Dataset extract:
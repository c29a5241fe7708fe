-- ===== src/Cbor/Canonical/Written/Values.antt =====
-- `CheckCanonical` accepts what `Encode` writes.
use aafp_go.Base.{
  ℕ, zero, suc, ◌-◌, ◌==◌, ◌≤◌, ◌≡◌, refl, ap, subst, true, false, Bytes, [], ◌++◌, length, All,
  length-append, append_assoc, append-nil, ok, arith,
}
use aafp_go.Base.Int.{pos, negsuc}
use aafp_go.Cbor.{
  Value, Items, IntEntries, StrEntries, unsigned, negative, byte_string, text_string, array,
  int_map, str_map, boolean, null, no_items, item, no_ints, int_entry, no_strs, str_entry, Limits,
}
use aafp_go.Cbor.Encode.{
  encode, encode_items, count_items, sort_entries, int_key_less, str_key_less,
}
use aafp_go.Cbor.Encode.Unordered.{Distinct}
use aafp_go.Cbor.Decode.{decode_items, simple_value}
use aafp_go.Cbor.Canonical.{canonical_value, decode_canonical_check, check_canonical}
use aafp_go.Cbor.Decode.RoundTrip.Sorting.{All-sort_entries}
use aafp_go.Cbor.Decode.RoundTrip.Shape.{
  canon, canon_items, Fits, FitsItems, FitsInts, FitsStrs, depth, depth_items, depth_ints,
  depth_strs,
}
use aafp_go.Cbor.Decode.RoundTrip.Parts.{Room}
use aafp_go.Cbor.Decode.RoundTrip.Values.{
  both_ints, both_strs, int_map_written, int_map_read, str_map_written, str_map_read,
  depth_ints-pos, depth_strs-pos,
}
use aafp_go.Cbor.Decode.RoundTrip.Fuel.{depth-le}
use aafp_go.Cbor.Canonical.Written.Parts.{
  Accepts, Accepts-unsigned, Accepts-negative, Accepts-bytes, Accepts-text, Accepts-simple,
}
use aafp_go.Cbor.Canonical.Written.Entries.{AcceptsInt, AcceptsStr}
use aafp_go.Cbor.Canonical.Written.Keys.{Distinct-sort_entries}
use aafp_go.Cbor.Canonical.Written.Clean.{
  IsClean, CleanItems, CleanInts, CleanStrs, ints-Distinct, strs-Distinct,
}
use aafp_go.Cbor.Canonical.Written.Maps.{Accepts-array, Accepts-int_map, Accepts-str_map}

module _ (limits : Limits) (len : ℕ) (room : Room limits len) where
  decode_items-item :
      (f : ℕ) (v : Value) (xs : Items)
      → Accepts limits len room f (canon v) (encode v)
      → ((rest : Bytes)
          → length (encode_items xs ++ rest) ≤ len
          → decode_items (canonical_value limits len f) (count_items xs) (encode_items xs ++ rest)
            ≡ ok (canon_items xs, rest))
      → (rest : Bytes) → length ((encode v ++ encode_items xs) ++ rest) ≤ len
      → decode_items
          (canonical_value limits len f)
          (suc (count_items xs))
          ((encode v ++ encode_items xs) ++ rest)
        ≡ ok (item (canon v) (canon_items xs), rest)
  unfolding decode_items
  decode_items-item f v xs read more rest fits =
      let split = append_assoc (encode v) (encode_items xs) rest in
      let size = ap length split in
      rw split (
        rw (read (encode_items xs ++ rest) (omega (arith, size))) (
          rw (more rest (omega (arith, size, length-append (encode v) (encode_items xs ++ rest))))))

  Accepts-canon_ints :
      (f : ℕ) (es : IntEntries)
      → All (AcceptsInt limits len room f) (both_ints es)
      → Distinct (both_ints es)
      → Accepts limits len room (suc (suc f)) (canon (int_map es)) (encode (int_map es))
  Accepts-canon_ints f es h distinct =
      let sorted = All-sort_entries int_key_less (AcceptsInt limits len room f) (both_ints es) h in
      let apart = Distinct-sort_entries int_key_less (both_ints es) distinct in
      rw (← int_map_written es, ← int_map_read es)
        (Accepts-int_map limits len room f (sort_entries int_key_less (both_ints es)) sorted apart)

  Accepts-canon_strs :
      (f : ℕ) (es : StrEntries)
      → All (AcceptsStr limits len room f) (both_strs es)
      → Distinct (both_strs es)
      → Accepts limits len room (suc (suc f)) (canon (str_map es)) (encode (str_map es))
  Accepts-canon_strs f es h distinct =
      let sorted = All-sort_entries str_key_less (AcceptsStr limits len room f) (both_strs es) h in
      let apart = Distinct-sort_entries str_key_less (both_strs es) distinct in
      rw (← str_map_written es, ← str_map_read es)
        (Accepts-str_map limits len room f (sort_entries str_key_less (both_strs es)) sorted apart)

  mutual
    unfolding encode canon depth both_ints both_strs decode_items simple_value

    pub accepts :
        (v : Value)
        → Fits v
        → IsClean v
        → (f : ℕ) → depth v ≤ f
        → Accepts limits len room f (canon v) (encode v)
    accepts (unsigned n) h c zero d = absurd (omega arith)
    accepts (unsigned n) h c (suc f) d = Accepts-unsigned limits len room f n h
    accepts (negative (pos n)) h c f d = absurd h
    accepts (negative (negsuc n)) h c zero d = absurd (omega arith)
    accepts (negative (negsuc n)) h c (suc f) d = Accepts-negative limits len room f n h
    accepts (byte_string b) h c zero d = absurd (omega arith)
    accepts (byte_string b) h c (suc f) d = Accepts-bytes limits len room f b
    accepts (text_string b) h c zero d = absurd (omega arith)
    accepts (text_string b) h c (suc f) d = Accepts-text limits len room f b c
    accepts (array xs) h c zero d = absurd (omega arith)
    accepts (array xs) h c (suc f) d =
        Accepts-array limits len room f xs (accepts_items xs h c f (omega arith))
    accepts (int_map es) h c zero d = absurd (omega arith)
    accepts (int_map es) h c (suc zero) d = absurd (omega (arith, depth_ints-pos es))
    accepts (int_map es) h c (suc (suc f)) d =
        Accepts-canon_ints f es (accepts_ints es h c f (omega arith)) (ints-Distinct es c)
    accepts (str_map es) h c zero d = absurd (omega arith)
    accepts (str_map es) h c (suc zero) d = absurd (omega (arith, depth_strs-pos es))
    accepts (str_map es) h c (suc (suc f)) d =
        Accepts-canon_strs f es (accepts_strs es h c f (omega arith)) (strs-Distinct es c)
    accepts (boolean b) h c zero d = absurd (omega arith)
    accepts (boolean true) h c (suc f) d =
        Accepts-simple limits len room f 21 (boolean true) 0xf5 refl refl (omega arith) refl
    accepts (boolean false) h c (suc f) d =
        Accepts-simple limits len room f 20 (boolean false) 0xf4 refl refl (omega arith) refl
    accepts null h c zero d = absurd (omega arith)
    accepts null h c (suc f) d =
        Accepts-simple limits len room f 22 null 0xf6 refl refl (omega arith) refl

    accepts_items :
        (xs : Items)
        → FitsItems xs
        → CleanItems xs
        → (f : ℕ) → depth_items xs ≤ f
        → (rest : Bytes) → length (encode_items xs ++ rest) ≤ len
        → decode_items (canonical_value limits len f) (count_items xs) (encode_items xs ++ rest)
          ≡ ok (canon_items xs, rest)
    accepts_items no_items h c f d rest fits = refl
    accepts_items (item v xs) (h, k) (c, l) f d rest fits =
        decode_items-item f v xs (accepts v h c f (omega arith))
          (accepts_items xs k l f (omega arith)) rest fits

    accepts_ints :
        (es : IntEntries)
        → FitsInts es
        → CleanInts es
        → (f : ℕ) → depth_ints es ≤ suc f
        → All (AcceptsInt limits len room f) (both_ints es)
    accepts_ints no_ints h c f d = tt
    accepts_ints (int_entry k v es) (q, h, r) (_, c, l) f d =
        ((q, accepts v h c (suc f) (omega arith)), accepts_ints es r l f (omega arith))

    accepts_strs :
        (es : StrEntries)
        → FitsStrs es
        → CleanStrs es
        → (f : ℕ) → depth_strs es ≤ suc f
        → All (AcceptsStr limits len room f) (both_strs es)
    accepts_strs no_strs h c f d = tt
    accepts_strs (str_entry k v es) (h, r) (u, _, c, l) f d =
        ((u, accepts v h c (suc f) (omega arith)), accepts_strs es r l f (omega arith))

decode_canonical_check-encode :
    (limits : Limits) (v : Value)
    → Fits v
    → IsClean v
    → Room limits (length (encode v))
    → decode_canonical_check limits (encode v) ≡ ok (canon v, [])
unfolding decode_canonical_check
decode_canonical_check-encode limits v h c room =
    let input = encode v in
    let whole = append-nil input in
    subst (λ b. canonical_value limits (length input) (suc (length input)) b ≡ ok (canon v, []))
      whole
      (accepts limits (length input) room v h c (suc (length input)) (depth-le v) []
        (omega (arith, ap length whole)))

all_taken : (n : ℕ) → (n - 0 == n) ≡ true
all_taken n = ground arith

-- `CheckCanonical` accepts what `Encode` writes for a value whose numbers fit their Go types, whose
-- texts and text keys are UTF-8 without U+FFFD, and whose maps have distinct keys, at every level.
-- The encoding is no longer than an int and than the slices that `make` can allocate.
pub check_canonical-encode :
    (limits : Limits) (v : Value)
    → Fits v
    → IsClean v
    → Room limits (length (encode v))
    → check_canonical limits (encode v) ≡ ok tt
unfolding check_canonical
check_canonical-encode limits v h c room =
    rw (decode_canonical_check-encode limits v h c room) (rw (all_taken (length (encode v))) refl)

What you should do: Above are the records; repeat exactly the lines from the one holding "accepts (byte_string b) h c zero" down to the one holding "accepts (str_map es) h c zero", end lines included.

Response for this exercise:
    accepts (byte_string b) h c zero d = absurd (omega arith)
    accepts (byte_string b) h c (suc f) d = Accepts-bytes limits len room f b
    accepts (text_string b) h c zero d = absurd (omega arith)
    accepts (text_string b) h c (suc f) d = Accepts-text limits len room f b c
    accepts (array xs) h c zero d = absurd (omega arith)
    accepts (array xs) h c (suc f) d =
        Accepts-array limits len room f xs (accepts_items xs h c f (omega arith))
    accepts (int_map es) h c zero d = absurd (omega arith)
    accepts (int_map es) h c (suc zero) d = absurd (omega (arith, depth_ints-pos es))
    accepts (int_map es) h c (suc (suc f)) d =
        Accepts-canon_ints f es (accepts_ints es h c f (omega arith)) (ints-Distinct es c)
    accepts (str_map es) h c zero d = absurd (omega arith)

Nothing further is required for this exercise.